Take the lines below between the one holding "BeforeFirst a [] = Unit" and the one holding "first_before (next ∷", inclusive, and copy them exactly. Add nothing.
** Opening Given information block **
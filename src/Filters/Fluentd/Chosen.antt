-- ===== src/Filters/Fluentd/Chosen.antt =====
-- The templates that customise_fluentd chooses, and their order.
use Prim.Native.Char.{code}
use Prim.Native.Nat.compare as compare_ℕ
use Prim.Native.Nat.{Ordering, compare as compare_ℕ}
use Prim.Native.String.compare
use Prim.Native.String.{String, compare, then as next_order}
use irnmn.Prelude.{
  not, ℕ, zero, suc, ◌≡◌, refl, sym, ap, true, false, ◌&&◌, ◌||◌, ◌==◌, ◌++◌, ◌∙◌, select, List, [],
  ◌∷◌, arith, Bool-cases, inl, inr,
}
use irnmn.Container.Compare.{member}
use irnmn.Container.Compare.Sets.{member-append, member-select}
use irnmn.Filters.Fluentd.Named.{file_name, is_overridden, basename-named, is_kept-named}
use irnmn.Filters.Fluentd.{basename, is_gt, insert_path, sorted_paths, is_kept, customise_fluentd}

abbrev flip : Ordering → Ordering
flip Ordering.lt = Ordering.gt
flip Ordering.eq = Ordering.eq
flip Ordering.gt = Ordering.lt

flip_number : (m n : ℕ) → compare_ℕ n m ≡ flip (compare_ℕ m n)
flip_number zero zero = refl
flip_number zero (suc n) = compare_ℕ.suc-zero n ∙ sym (ap flip (compare_ℕ.zero-suc n))
flip_number (suc m) zero = compare_ℕ.zero-suc m ∙ sym (ap flip (compare_ℕ.suc-zero m))
flip_number (suc m) (suc n) =
    compare_ℕ.suc-suc n m ∙ (flip_number m n ∙ sym (ap flip (compare_ℕ.suc-suc m n)))

flip_then : (o p : Ordering) → next_order (flip o) (flip p) ≡ flip (next_order o p)
flip_then Ordering.lt p = refl
flip_then Ordering.eq p = refl
flip_then Ordering.gt p = refl

flip_text : (s t : String) → compare t s ≡ flip (compare s t)
flip_text String.[] String.[] = refl
flip_text String.[] (String.◌∷◌ d t) = compare.cons-nil d t ∙ sym (ap flip (compare.nil-cons d t))
flip_text (String.◌∷◌ c s) String.[] = compare.nil-cons c s ∙ sym (ap flip (compare.cons-nil c s))
flip_text (String.◌∷◌ c s) (String.◌∷◌ d t) =
    compare.cons-cons d c t s
    ∙ (ap (λ o. next_order o (compare t s)) (flip_number (code c) (code d))
        ∙ (ap (λ p. next_order (flip (compare_ℕ (code c) (code d))) p) (flip_text s t)
            ∙ (flip_then (compare_ℕ (code c) (code d)) (compare s t)
                ∙ sym (ap flip (compare.cons-cons c d s t)))))

flip_after : (o : Ordering) → is_gt o ≡ true → is_gt (flip o) ≡ false
flip_after Ordering.lt h = absurd (ground (arith, h))
flip_after Ordering.eq h = absurd (ground (arith, h))
flip_after Ordering.gt h = refl

-- The basename of the first path does not come after that of the second.
abbrev pub IsBefore : String → String → Type 0
IsBefore a b = is_gt (compare (basename a) (basename b)) ≡ false

abbrev pub BeforeFirst : String → List String → Type 0
BeforeFirst a [] = Unit
BeforeFirst a (b ∷ rest) = IsBefore a b

-- Each path is before the next one.
abbrev pub AreSorted : List String → Type 0
AreSorted [] = Unit
AreSorted (a ∷ rest) = BeforeFirst a rest × AreSorted rest

insert_path-AreSorted :
    (path : String) (paths : List String) → AreSorted paths → AreSorted (insert_path path paths)
unfolding insert_path
insert_path-AreSorted path [] h = (tt, tt)
insert_path-AreSorted path (other ∷ rest) (first, later) =
    elim (Bool-cases (is_gt (compare (basename path) (basename other)))) [
      | inr before ↦ rw before (before, (first, later))
      | inl after ↦
          rw after (first_before rest (swapped after) first, insert_path-AreSorted path rest later)
    ]
  where
    swapped : is_gt (compare (basename path) (basename other)) ≡ true → IsBefore other path
    swapped after = ap is_gt (flip_text (basename path) (basename other)) ∙ flip_after _ after

    first_before :
        (rest : List String)
        → IsBefore other path
        → BeforeFirst other rest
        → BeforeFirst other (insert_path path rest)
    first_before [] after first = after
    first_before (next ∷ rest) after first =
        elim (Bool-cases (is_gt (compare (basename path) (basename next)))) [
          | inl later ↦ rw later first
          | inr sooner ↦ rw sooner after
        ]

pub sorted_paths-AreSorted : (paths : List String) → AreSorted (sorted_paths paths)
unfolding sorted_paths
sorted_paths-AreSorted [] = tt
sorted_paths-AreSorted (path ∷ rest) =
    insert_path-AreSorted path (sorted_paths rest) (sorted_paths-AreSorted rest)

member-insert_path :
    (s path : String) (paths : List String)
    → member s (insert_path path paths) ≡ (path == s || member s paths)
unfolding insert_path
member-insert_path s path [] = refl
member-insert_path s path (other ∷ rest) = ground (arith, member-insert_path s path rest)

member-sorted_paths :
    (s : String) (paths : List String) → member s (sorted_paths paths) ≡ member s paths
unfolding sorted_paths
member-sorted_paths s [] = refl
member-sorted_paths s (path ∷ rest) =
    ground (arith, member-insert_path s path (sorted_paths rest), member-sorted_paths s rest)

-- The file name of the first path does not come after that of the second.
abbrev pub IsNamedBefore : String → List String → Type 0
IsNamedBefore a [] = Unit
IsNamedBefore a (b ∷ rest) = is_gt (compare (file_name a) (file_name b)) ≡ false

-- Each path is before the next one by its file name.
abbrev pub AreOrdered : List String → Type 0
AreOrdered [] = Unit
AreOrdered (a ∷ rest) = IsNamedBefore a rest × AreOrdered rest

sorted-AreOrdered : (paths : List String) → AreSorted paths → AreOrdered paths
sorted-AreOrdered [] h = tt
sorted-AreOrdered (a ∷ []) h = (tt, tt)
sorted-AreOrdered (a ∷ (b ∷ rest)) (first, later) =
    (rw (sym (basename-named a), sym (basename-named b)) first, sorted-AreOrdered (b ∷ rest) later)

-- The result is ordered by the file names, and its paths are the customised ones and those default
-- ones whose file name without its extension is the file name of no customised path, whatever the
-- order in which the set of the paths is iterated. The file name is what follows the last slash, and
-- the extension starts at the last dot, but not at one of the first dots.
pub customise_fluentd-chosen :
    (order : List String → List String) (default_paths customised_paths : List String)
    → ((paths : List String) (s : String) → member s (order paths) ≡ member s paths)
    → AreOrdered (customise_fluentd order default_paths customised_paths)
      × ((s : String)
          → member s (customise_fluentd order default_paths customised_paths) ≡ (
              member s default_paths && not (is_overridden customised_paths s)
              || member s customised_paths))
unfolding customise_fluentd
customise_fluentd-chosen order default_paths customised_paths iterates =
    let kept = select (is_kept customised_paths) default_paths in
    (
      sorted-AreOrdered (sorted_paths (order (kept ++ customised_paths)))
          (sorted_paths-AreSorted (order (kept ++ customised_paths))),
      λ s.
          member-sorted_paths s (order (kept ++ customised_paths))
          ∙ (iterates (kept ++ customised_paths) s
              ∙ (member-append s kept customised_paths
                  ∙ ap (λ b. b || member s customised_paths)
                      (member-select s (is_kept customised_paths) default_paths
                        ∙ ap (λ b. member s default_paths && b)
                            (is_kept-named customised_paths s)))),
    )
** Closing Given information block **
__Response box__.
BeforeFirst a [] = Unit
BeforeFirst a (b ∷ rest) = IsBefore a b

-- Each path is before the next one.
abbrev pub AreSorted : List String → Type 0
AreSorted [] = Unit
AreSorted (a ∷ rest) = BeforeFirst a rest × AreSorted rest

insert_path-AreSorted :
    (path : String) (paths : List String) → AreSorted paths → AreSorted (insert_path path paths)
unfolding insert_path
insert_path-AreSorted path [] h = (tt, tt)
insert_path-AreSorted path (other ∷ rest) (first, later) =
    elim (Bool-cases (is_gt (compare (basename path) (basename other)))) [
      | inr before ↦ rw before (before, (first, later))
      | inl after ↦
          rw after (first_before rest (swapped after) first, insert_path-AreSorted path rest later)
    ]
  where
    swapped : is_gt (compare (basename path) (basename other)) ≡ true → IsBefore other path
    swapped after = ap is_gt (flip_text (basename path) (basename other)) ∙ flip_after _ after

    first_before :
        (rest : List String)
        → IsBefore other path
        → BeforeFirst other rest
        → BeforeFirst other (insert_path path rest)
    first_before [] after first = after
    first_before (next ∷ rest) after first =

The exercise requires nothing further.